EXERCISE INPUTS section start
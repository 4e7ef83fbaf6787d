-- ===== src/Etl/Facts/Sums.antt =====
-- app/database/etl.py, `_build_movement_facts`: what the movements add up to, product by product and
-- warehouse by warehouse, and that the joined rows add up to the same.
use inventory_logix_dashboar.Base.{
  ℕ, ◌+◌, ◌*◌, Bool, ◌&&◌, ◌≡◌, refl, inl, inr, String, false, not, Option, none, some, List, [],
  ◌∷◌, arith, ◌==◌, str_eq, if◌then◌else◌, Bool-cases, keep_if,
}
use mathlib.Core.Path.{◌∙◌, ap₂}
use inventory_logix_dashboar.Stock.{MovementType, stock_in, stock_out, adjustment, stock_return}
use inventory_logix_dashboar.Etl.Facts.{
  Movement, Product, DimProduct, DimWarehouse, Dims, Key, same_key, line, join_warehouses,
  join_products, join_movement, join_all, in_of, out_of,
}
use inventory_logix_dashboar.Etl.Facts.Groups.{
  Column, in_qty, out_qty, in_value, out_value, column, amount, amount-append,
}

-- What a movement of the type and quantity adds to a column, at a price.
abbrev pub share : Column → MovementType → ℕ → ℕ → ℕ
share in_qty stock_in quantity price = quantity
share in_value stock_in quantity price = quantity * price
share out_qty stock_out quantity price = quantity
share out_value stock_out quantity price = quantity * price
share _ _ quantity price = 0

-- The sum of a number over a list.
unfoldable pub sum_of {ℓ} : {A : Type ℓ} → (A → ℕ) → List A → ℕ
sum_of f [] = 0
sum_of f (x ∷ xs) = f x + sum_of f xs

-- The movement counts at the key in this product and warehouse.
abbrev pub is_at : Key → Movement → DimProduct → Option String → DimWarehouse → Bool
is_at k m dp none dw = false
is_at k m dp (some name) dw =
    str_eq dw.warehouse_name name
    && ((m.day == k.date_key)
        && ((dw.warehouse_key == k.warehouse_key) && (dp.product_key == k.product_key)))

-- What the movements that are not deleted add up to at a key, over all days: the quantity, or the
-- quantity times the price, of those of the column's type, for each product of the movement's id, each
-- row of the dimension with its sku, and each warehouse with its name.
unfoldable pub true_amount : Column → Key → Dims → List Movement → ℕ
unfolding sum_of
true_amount c k dims movements =
    sum_of
      (λ (m : Movement).
        if m.is_deleted
        then 0
        else sum_of
            (λ (p : Product).
              if p.id == m.product_id
              then sum_of
                  (λ (dp : DimProduct).
                    if str_eq dp.sku p.sku
                    then sum_of
                        (λ (dw : DimWarehouse).
                          if is_at k m dp p.warehouse dw
                          then share c m.mtype m.quantity dp.unit_price
                          else 0)
                        dims.dim_warehouses
                    else 0)
                  dims.dim_products
              else 0)
            dims.products)
      movements

-- The row with the terms of the sums, as `line` makes it.
column-terms :
    (c : Column) (mtype : MovementType) (k : Key) (quantity price : ℕ)
    → column c (record {
      key = k;
      in_qty = in_of mtype quantity;
      out_qty = out_of mtype quantity;
      in_value = in_of mtype (quantity * price);
      out_value = out_of mtype (quantity * price);
    })
      ≡ share c mtype quantity price
unfolding in_of out_of
column-terms in_qty stock_in k quantity price = refl
column-terms in_qty stock_out k quantity price = refl
column-terms in_qty adjustment k quantity price = refl
column-terms in_qty stock_return k quantity price = refl
column-terms out_qty stock_in k quantity price = refl
column-terms out_qty stock_out k quantity price = refl
column-terms out_qty adjustment k quantity price = refl
column-terms out_qty stock_return k quantity price = refl
column-terms in_value stock_in k quantity price = refl
column-terms in_value stock_out k quantity price = refl
column-terms in_value adjustment k quantity price = refl
column-terms in_value stock_return k quantity price = refl
column-terms out_value stock_in k quantity price = refl
column-terms out_value stock_out k quantity price = refl
column-terms out_value adjustment k quantity price = refl
column-terms out_value stock_return k quantity price = refl

module _ (c : Column) (k : Key) (m : Movement) where
  column-line :
      (dp : DimProduct) (dw : DimWarehouse)
      → column c (line m dp dw) ≡ share c m.mtype m.quantity dp.unit_price
  unfolding line
  column-line dp dw = column-terms c m.mtype _ m.quantity dp.unit_price

  no_warehouse :
      (dp : DimProduct) (dws : List DimWarehouse)
      → sum_of
          (λ (dw : DimWarehouse).
            if is_at k m dp none dw then share c m.mtype m.quantity dp.unit_price else 0)
          dws
        ≡ 0
  unfolding sum_of
  no_warehouse dp [] = refl
  no_warehouse dp (dw ∷ dws) = omega (arith, no_warehouse dp dws)

  amount-join_warehouses :
      (dp : DimProduct) (name : Option String) (dws : List DimWarehouse)
      → amount c k (join_warehouses m dp name dws)
        ≡ sum_of
            (λ (dw : DimWarehouse).
              if is_at k m dp name dw then share c m.mtype m.quantity dp.unit_price else 0)
            dws
  unfolding amount join_warehouses sum_of same_key line
  amount-join_warehouses dp name [] = refl
  amount-join_warehouses dp none (dw ∷ dws) = omega (arith, no_warehouse dp dws)
  amount-join_warehouses dp (some name) (dw ∷ dws) =
      ground (arith, column-line dp dw, amount-join_warehouses dp (some name) dws)

  amount-join_products :
      (p : Product) (dps : List DimProduct) (dws : List DimWarehouse)
      → amount c k (join_products m p dps dws)
        ≡ sum_of
            (λ (dp : DimProduct).
              if str_eq dp.sku p.sku
              then sum_of
                  (λ (dw : DimWarehouse).
                    if is_at k m dp p.warehouse dw
                    then share c m.mtype m.quantity dp.unit_price
                    else 0)
                  dws
              else 0)
            dps
  unfolding amount join_products sum_of
  amount-join_products p [] dws = refl
  amount-join_products p (dp ∷ dps) dws = elim (Bool-cases (str_eq dp.sku p.sku)) [
    | inl same ↦ rw same (
        amount-append c k (join_warehouses m dp p.warehouse dws) (join_products m p dps dws)
        ∙ ap₂ (λ a b. a + b) (amount-join_warehouses dp p.warehouse dws)
            (amount-join_products p dps dws))
    | inr other ↦ rw other (omega (arith, amount-join_products p dps dws))
  ]

  amount-join_movement :
      (ps : List Product) (dims : Dims)
      → amount c k (join_movement m ps dims)
        ≡ sum_of
            (λ (p : Product).
              if p.id == m.product_id
              then sum_of
                  (λ (dp : DimProduct).
                    if str_eq dp.sku p.sku
                    then sum_of
                        (λ (dw : DimWarehouse).
                          if is_at k m dp p.warehouse dw
                          then share c m.mtype m.quantity dp.unit_price
                          else 0)
                        dims.dim_warehouses
                    else 0)
                  dims.dim_products
              else 0)
            ps
  unfolding amount join_movement sum_of
  amount-join_movement [] dims = refl
  amount-join_movement (p ∷ ps) dims = elim (Bool-cases (p.id == m.product_id)) [
    | inl same ↦ rw same (
        amount-append c k (join_products m p dims.dim_products dims.dim_warehouses)
          (join_movement m ps dims)
        ∙ ap₂ (λ a b. a + b) (amount-join_products p dims.dim_products dims.dim_warehouses)
            (amount-join_movement ps dims))
    | inr other ↦ rw other (omega (arith, amount-join_movement ps dims))
  ]

pub amount-true_amount :
    (c : Column) (k : Key) (dims : Dims) (ms : List Movement)
    → amount c k (join_all dims (keep_if (λ (m : Movement). not m.is_deleted) ms))
      ≡ true_amount c k dims ms
unfolding true_amount sum_of amount join_all keep_if line
amount-true_amount c k dims [] = refl
amount-true_amount c k dims (m ∷ ms) = elim (Bool-cases m.is_deleted) [
  | inl gone ↦ rw gone (omega (arith, amount-true_amount c k dims ms))
  | inr live ↦ rw live (
      amount-append c k (join_movement m dims.products dims)
        (join_all dims (keep_if (λ (m : Movement). not m.is_deleted) ms))
      ∙ ap₂ (λ a b. a + b) (amount-join_movement c k m dims.products dims)
          (amount-true_amount c k dims ms))
]
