-- ===== src/Etl/Facts/Rebuilt.antt =====
-- app/database/etl.py, `_build_movement_facts`: the table after a run, against the sums over the
-- movements themselves.
use inventory_logix_dashboar.Base.{
  ℕ, ◌≡◌, ◌≢◌, refl, inl, inr, String, true, false, not, Option, none, some, List, [], ◌∷◌, arith,
  ◌==◌, str_eq, if◌then◌else◌, Bool-cases, keep_if, any_of, All, All-append,
}
use inventory_logix_dashboar.Etl.Facts.{
  Movement, Product, DimProduct, DimWarehouse, Dims, Key, Fact, same_key, line, join_warehouses,
  join_products, join_movement, join_all, merge, add_line, group, has_key, in_days, is_counted,
  daily_facts, delete_days, build_movement_facts,
}
use inventory_logix_dashboar.Etl.Facts.Sums.{true_amount, amount-true_amount}
use inventory_logix_dashboar.Etl.Facts.Groups.{
  Column, amount, amount-group, amount-append, group-HasUniqueKeys, AreFresh, amount-insert_facts,
}

same_key_day : (a b : Key) → same_key a b ≡ true → a.date_key ≡ b.date_key
unfolding same_key
same_key_day a b h = ground arith

-- The rows of a day
abbrev IsOn : ℕ → Fact → Type 0
IsOn day f = f.key.date_key ≡ day

module _ (m : Movement) where
  join_warehouses-IsOn :
      (dp : DimProduct) (name : Option String) (dws : List DimWarehouse)
      → All (IsOn m.day) (join_warehouses m dp name dws)
  unfolding join_warehouses line
  join_warehouses-IsOn dp name [] = tt
  join_warehouses-IsOn dp none (dw ∷ dws) = tt
  join_warehouses-IsOn dp (some name) (dw ∷ dws) =
      elim (Bool-cases (str_eq dw.warehouse_name name)) [
        | inl same ↦ rw same (refl, join_warehouses-IsOn dp (some name) dws)
        | inr other ↦ rw other (join_warehouses-IsOn dp (some name) dws)
      ]

  join_products-IsOn :
      (p : Product) (dps : List DimProduct) (dws : List DimWarehouse)
      → All (IsOn m.day) (join_products m p dps dws)
  unfolding join_products
  join_products-IsOn p [] dws = tt
  join_products-IsOn p (dp ∷ dps) dws = elim (Bool-cases (str_eq dp.sku p.sku)) [
    | inl same ↦ rw same (
        All-append (IsOn m.day) (join_warehouses m dp p.warehouse dws) (join_products m p dps dws)
          (join_warehouses-IsOn dp p.warehouse dws) (join_products-IsOn p dps dws))
    | inr other ↦ rw other (join_products-IsOn p dps dws)
  ]

  join_movement-IsOn :
      (ps : List Product) (dims : Dims) → All (IsOn m.day) (join_movement m ps dims)
  unfolding join_movement
  join_movement-IsOn [] dims = tt
  join_movement-IsOn (p ∷ ps) dims = elim (Bool-cases (p.id == m.product_id)) [
    | inl same ↦ rw same (
        All-append (IsOn m.day) (join_products m p dims.dim_products dims.dim_warehouses)
          (join_movement m ps dims) (join_products-IsOn p dims.dim_products dims.dim_warehouses)
          (join_movement-IsOn ps dims))
    | inr other ↦ rw other (join_movement-IsOn ps dims)
  ]

amount_off :
    (c : Column) (k : Key) (day : ℕ) (facts : List Fact)
    → All (IsOn day) facts
    → day ≢ k.date_key
    → amount c k facts ≡ 0
unfolding amount
amount_off c k day [] h ne = refl
amount_off c k day (f ∷ facts) h ne =
    ground (arith, same_key_day f.key k, amount_off c k day facts h.1 ne)

amount-delete_days :
    (c : Column) (k : Key) (start end : ℕ) (facts : List Fact)
    → amount c k (delete_days start end facts)
      ≡ (if in_days start end k.date_key then 0 else amount c k facts)
unfolding amount delete_days keep_if in_days
amount-delete_days c k start end [] = ground arith
amount-delete_days c k start end (f ∷ facts) =
    ground (arith, same_key_day f.key k, amount-delete_days c k start end facts)

has_key-delete_days :
    (k : Key) (start end : ℕ) (facts : List Fact)
    → in_days start end k.date_key ≡ true
    → has_key k (delete_days start end facts) ≡ false
unfolding has_key any_of delete_days keep_if in_days
has_key-delete_days k start end [] h = refl
has_key-delete_days k start end (f ∷ facts) h =
    ground (arith, same_key_day k f.key, has_key-delete_days k start end facts)

-- The rows whose day is in the window
abbrev IsInside : ℕ → ℕ → Fact → Type 0
IsInside start end f = in_days start end f.key.date_key ≡ true

module _ (start end : ℕ) where
  IsOn-IsInside :
      (day : ℕ) (facts : List Fact)
      → in_days start end day ≡ true
      → All (IsOn day) facts
      → All (IsInside start end) facts
  IsOn-IsInside day [] inside h = tt
  IsOn-IsInside day (f ∷ facts) inside h = (rw h.0 inside, IsOn-IsInside day facts inside h.1)

  counted_inside : (m : Movement) → is_counted start end m ≡ true → in_days start end m.day ≡ true
  unfolding is_counted
  counted_inside m h = ground arith

  join_all-IsInside :
      (dims : Dims) (ms : List Movement)
      → All (IsInside start end) (join_all dims (keep_if (is_counted start end) ms))
  unfolding join_all keep_if
  join_all-IsInside dims [] = tt
  join_all-IsInside dims (m ∷ ms) = elim (Bool-cases (is_counted start end m)) [
    | inl on ↦ rw on (
        All-append (IsInside start end) (join_movement m dims.products dims)
          (join_all dims (keep_if (is_counted start end) ms))
          (IsOn-IsInside m.day (join_movement m dims.products dims) (counted_inside m on)
            (join_movement-IsOn m dims.products dims))
          (join_all-IsInside dims ms))
    | inr off ↦ rw off (join_all-IsInside dims ms)
  ]

  add_line-IsInside :
      (l : Fact) (facts : List Fact)
      → IsInside start end l
      → All (IsInside start end) facts
      → All (IsInside start end) (add_line l facts)
  unfolding add_line merge
  add_line-IsInside l [] inside h = (inside, tt)
  add_line-IsInside l (f ∷ facts) inside h = ground (arith, add_line-IsInside l facts inside h.1)

  group-IsInside :
      (lines : List Fact) → All (IsInside start end) lines → All (IsInside start end) (group lines)
  unfolding group
  group-IsInside [] h = tt
  group-IsInside (l ∷ lines) h = add_line-IsInside l (group lines) h.0 (group-IsInside lines h.1)

  delete_days-AreFresh :
      (rows facts : List Fact)
      → All (IsInside start end) rows
      → AreFresh rows (delete_days start end facts)
  delete_days-AreFresh [] facts h = tt
  delete_days-AreFresh (f ∷ rows) facts h =
      (has_key-delete_days f.key start end facts h.0, delete_days-AreFresh rows facts h.1)

  -- The selected movements have, at a key of the window, what all the live ones have there.
  amount-join_all :
      (c : Column) (k : Key) (dims : Dims) (ms : List Movement)
      → amount c k (join_all dims (keep_if (is_counted start end) ms)) ≡ (
          if in_days start end k.date_key
          then amount c k (join_all dims (keep_if (λ (m : Movement). not m.is_deleted) ms))
          else 0)
  unfolding join_all keep_if amount is_counted
  amount-join_all c k dims [] = ground arith
  amount-join_all c k dims (m ∷ ms) = ground (
    arith,
    amount-append c k (join_movement m dims.products dims)
        (join_all dims (keep_if (is_counted start end) ms)),
    amount-append c k (join_movement m dims.products dims)
        (join_all dims (keep_if (λ (m : Movement). not m.is_deleted) ms)),
    amount_off c k m.day (join_movement m dims.products dims)
        (join_movement-IsOn m dims.products dims),
    amount-join_all c k dims ms,
  )

-- After `_build_movement_facts` the quantity and value columns at every key of the window are the sums,
-- by type and with the price of the dimension, over all the movements that are not deleted, whatever
-- stood there; outside the window nothing has changed.
pub amount-build_movement_facts :
    (c : Column) (k : Key) (start end : ℕ) (dims : Dims) (movements : List Movement)
    (facts : List Fact)
    → amount c k (build_movement_facts start end dims movements facts).0
      ≡ (if in_days start end k.date_key then true_amount c k dims movements else amount c k facts)
unfolding build_movement_facts daily_facts
amount-build_movement_facts c k start end dims movements facts =
    let lines = join_all dims (keep_if (is_counted start end) movements) in
    ground (
      arith,
      amount-insert_facts c k (group lines) (delete_days start end facts)
          (group-HasUniqueKeys lines)
          (delete_days-AreFresh start end (group lines) facts
            (group-IsInside start end lines (join_all-IsInside start end dims movements))),
      amount-delete_days c k start end facts,
      amount-group c k lines,
      amount-join_all start end c k dims movements,
      amount-true_amount c k dims movements,
    )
EXERCISE INPUTS section end
TASK INSTRUCTIONS
Search the records for the string "other", and copy every line that holds it.

ANSWER FOR THIS EXERCISE
    | inr other ↦ rw other (omega (arith, amount-join_products p dps dws))
    | inr other ↦ rw other (omega (arith, amount-join_movement ps dims))
        | inr other ↦ rw other (join_warehouses-IsOn dp (some name) dws)
    | inr other ↦ rw other (join_products-IsOn p dps dws)
    | inr other ↦ rw other (join_movement-IsOn ps dims)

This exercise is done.